ルーンは「コイツって何さ!!」と抗議するが、カインは無視した。

「そういうわけだから、問題ないだろ。それに・・・」

一度言葉を切って、続ける。

「もし誰かが牙をむいても、その牙を斬り捨てればいいだけだろ?」
「言うねぇ。流石に白兵戦型は違うな。」

一瞬放出された殺気にも、マスターはたじろかない。
―――最も、周囲はそうではなかったようだが。



「・・・で、魔剣士管理組織の動きはどうなってる?」

マスターから酒をもらい(といっても身体自体は17歳なのであまり強い酒や多くの量は飲めないのだが)ある程度世間話をした後でカインは本題を切り出した。

「あっちはあっちで動きを見せ始めてる。まだ見つけられてない伝説の7武器を見つけるためのチームが結成されてる。
それと、これからお前への攻撃も激しくなると思うぞ。奴ら最近伝説の7武器に御執心だからな。」
「それは大丈夫だ。ルーンの意志がある限りはラグナロクを俺以外の人物が持つなんて事は出来ないからな。」
「だと思うよ。俺も体験者だしな。」

マスターは苦笑した。カインもつられて苦笑いする。
暫く笑った後で、カインは表情を戻した。

「でも、暫くここに留まって奴らの動きを観察した方が良さそうだな。」
「動きを把握するならその方が良いと思うぜ。普通の街にはギルドがないからそういった情報も入りづらいだろ?
なぁに、お前が戻ってきたときのために部屋は残してあるし、掃除もしてある。」
「悪いな、グラム。またしばらく世話になる。」
「おうよ、何日と言わずゆっくりしていきな。」

グラムの言葉に、カインはにっこりと微笑む。

「荷物を置いてくる。」

カインは立ち上がり、荷物を持って店の奥へと消えた。その顔はどこか幸せそうに、ルーンには見えた。
ルーンは長い間カインと一緒にいるが、普段はあまりカインの笑顔を見たことがない。
しかし、グラムの店にいるときのカインは、良く笑い、そして幸せそうな表情を見せる。
長い間カインと一緒にいるルーンは、この笑顔の理由に何となくではあるが気づいていた。

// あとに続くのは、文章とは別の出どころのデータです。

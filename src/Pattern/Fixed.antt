-- ===== src/Pattern/Fixed.antt =====
-- ganymede-pattern-core/src/pattern/fixed.rs: the fixed-width projection of an atom stream.
-- `Fixed` stands for the borrowed `Fixed` and the owned `FixedBuf`, which hold the same three fields.
pub mod Run
pub mod Compile
use ganymede.Common.{
  ℕ, zero, suc, ◌+◌, List, [], ◌∷◌, ◌++◌, Option, none, some, Bool, true, false, not, ◌&&◌, ◌||◌,
  leb, ◌==◌, if◌then◌else◌, length, get_elem?, get_range, replicate, bit_and, bit_xor, checked_add,
}
use ganymede.Pattern.Atom.{Atom}
use ganymede.Pattern.Read.{Bytes, ◌>>=◌}
use ganymede.Pattern.Plan.{SearchPlan, plan_compile}

pub record Fixed : Type 0 where
  pub bytes : Bytes
  pub masks : Bytes
  pub plan : SearchPlan

unfoldable pub fixed_new : Bytes → Bytes → Fixed
fixed_new bytes masks = record { bytes = bytes; masks = masks; plan = plan_compile bytes masks }

abbrev pub starts_with_save : List Atom → Bool
starts_with_save (Atom.save zero ∷ atoms) = true
starts_with_save _ = false

-- The inner loop of `valid_for`: `count` positions from `index` on hold zero in both slices.
unfoldable pub zero_span : Bytes → Bytes → ℕ → ℕ → Bool
zero_span bytes masks index zero = true
zero_span bytes masks index (suc count) = elim (get_elem? bytes index) [
  | none ↦ false
  | some b ↦ elim (get_elem? masks index) [
    | none ↦ false
    | some m ↦ b == 0 && (m == 0 && zero_span bytes masks (index + 1) count)
  ]
]

abbrev pub byte_agrees : Bytes → Bytes → ℕ → ℕ → ℕ → Bool
byte_agrees bytes masks index b mask = elim (get_elem? bytes index) [
  | none ↦ false
  | some fixed_byte ↦ elim (get_elem? masks index) [
    | none ↦ false
    | some fixed_mask ↦ fixed_byte == bit_and b mask && fixed_mask == mask
  ]
]

-- The loop of `valid_for` over the atoms that are left: the next atom's index, the next byte's
-- index and the active mask.
unfoldable pub valid_loop : Bytes → Bytes → ℕ → ℕ → ℕ → List Atom → Bool
valid_loop bytes masks index at mask [] = at == length bytes && mask == 255
valid_loop bytes masks index at mask (Atom.save zero ∷ atoms) =
    index == 0 && valid_loop bytes masks (index + 1) at mask atoms
valid_loop bytes masks index at mask (Atom.nop ∷ atoms) =
    valid_loop bytes masks (index + 1) at mask atoms
valid_loop bytes masks index at mask (Atom.fuzzy m ∷ atoms) =
    mask == 255 && valid_loop bytes masks (index + 1) at m atoms
valid_loop bytes masks index at mask (Atom.byte b ∷ atoms) =
    byte_agrees bytes masks at b mask && valid_loop bytes masks (index + 1) (at + 1) 255 atoms
valid_loop bytes masks index at mask (Atom.skip n ∷ atoms) =
    (not (n == 0) && mask == 255)
    && ((elim (checked_add at n) [ none ↦ false | some end ↦ leb end (length bytes) ])
        && (zero_span bytes masks at n && valid_loop bytes masks (index + 1) (at + n) mask atoms))
valid_loop bytes masks index at mask (_ ∷ atoms) = false

unfoldable pub valid_for : List Atom → Bytes → Bytes → Bool
valid_for atoms bytes masks =
    not (length bytes == 0)
    && (length bytes == length masks
        && (starts_with_save atoms && valid_loop bytes masks 0 0 255 atoms))

-- The bytes agree with the pattern on every constrained bit.
unfoldable pub masked_all : Bytes → Bytes → Bytes → Bool
masked_all (b ∷ bytes) (m ∷ masks) (t ∷ target) =
    bit_and (bit_xor t b) m == 0 && masked_all bytes masks target
masked_all _ _ _ = true

unfoldable pub matches : Fixed → Bytes → Bool
matches f target = length target == length f.bytes && masked_all f.bytes f.masks target

unfoldable pub anchor_of : Fixed → Option Bytes
anchor_of f = elim f.plan [
  | SearchPlan.literal ↦ some f.bytes
  | SearchPlan.anchor offset length ↦ get_range f.bytes offset (offset + length)
  | _ ↦ none
]

unfoldable pub width_loop : ℕ → ℕ → Bool → List Atom → Option ℕ
width_loop index width fuzzy [] = if not fuzzy && not (width == 0) then some width else none
width_loop index width fuzzy (Atom.save zero ∷ atoms) =
    if index == 0 then width_loop (index + 1) width fuzzy atoms else none
width_loop index width fuzzy (Atom.nop ∷ atoms) = width_loop (index + 1) width fuzzy atoms
width_loop index width fuzzy (Atom.fuzzy m ∷ atoms) =
    if fuzzy then none else width_loop (index + 1) width true atoms
width_loop index width fuzzy (Atom.byte b ∷ atoms) = do
  width' ← checked_add width 1
  width_loop (index + 1) width' false atoms
width_loop index width fuzzy (Atom.skip n ∷ atoms) =
    let onward = checked_add width n >>= λ width'. width_loop (index + 1) width' fuzzy atoms in
    if not (n == 0) && not fuzzy then onward else none
width_loop index width fuzzy (_ ∷ atoms) = none

-- The loop of `compile`: the arrays so far and the active mask.
unfoldable pub project_loop : ℕ → ℕ → Bytes → Bytes → List Atom → Option (Bytes × Bytes × ℕ)
project_loop index mask bytes masks [] = some (bytes, masks, mask)
project_loop index mask bytes masks (Atom.save zero ∷ atoms) =
    if index == 0 then project_loop (index + 1) mask bytes masks atoms else none
project_loop index mask bytes masks (Atom.nop ∷ atoms) =
    project_loop (index + 1) mask bytes masks atoms
project_loop index mask bytes masks (Atom.fuzzy m ∷ atoms) =
    project_loop (index + 1) m bytes masks atoms
project_loop index mask bytes masks (Atom.byte b ∷ atoms) =
    project_loop (index + 1) 255 (bytes ++ bit_and b mask ∷ []) (masks ++ mask ∷ []) atoms
project_loop index mask bytes masks (Atom.skip n ∷ atoms) =
    let onward = checked_add (length bytes) n >>= λ _.
    project_loop (index + 1) 255 (bytes ++ replicate n 0) (masks ++ replicate n 0) atoms in
    if n == 0 then none else onward
project_loop index mask bytes masks (_ ∷ atoms) = none

abbrev pub finish_projection : Bytes × Bytes × ℕ → Option Fixed
finish_projection (bytes, masks, mask) =
    if length bytes == 0 || not (mask == 255) then none else some (fixed_new bytes masks)

unfoldable pub fixed_compile : List Atom → Option Fixed
fixed_compile atoms =
    if starts_with_save atoms
    then (do
      _ ← width_loop 0 0 false atoms
      projected ← project_loop 0 255 [] [] atoms
      finish_projection projected)
    else none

「きっと、ここがカインの帰るべき『家』なのね」と――――――




あとがき
本編開始です。いきなり戦闘シーンです。
むぅ、やはり戦闘描写は難しい・・・ こーいうのは苦手ではないけどあまり得意でもないんですよね(´・ω・`)
技術が欲しい・・・ もうちょっと小説読まないとダメかなぁ。

小説内では説明しなかったことを2つほど。
「見えない魔術を使っていた」
実はカイン、「衝撃倍加」という魔力磁場を戦闘フィールドに発生させてました。
そういう説明を会話方式で入れるつもりだったんですが、断念。ので説明が全くないので一応補足。
「またしばらく世話になる」
時間軸ではこれより過去になりますが、一時期カインはグラムの元に居候してました。
その時カインが使っていた部屋がまだ残っている、そして今でも時々カインが利用する、ということです。

話の大筋に関わってくるところもありますので、説明はこの程度で。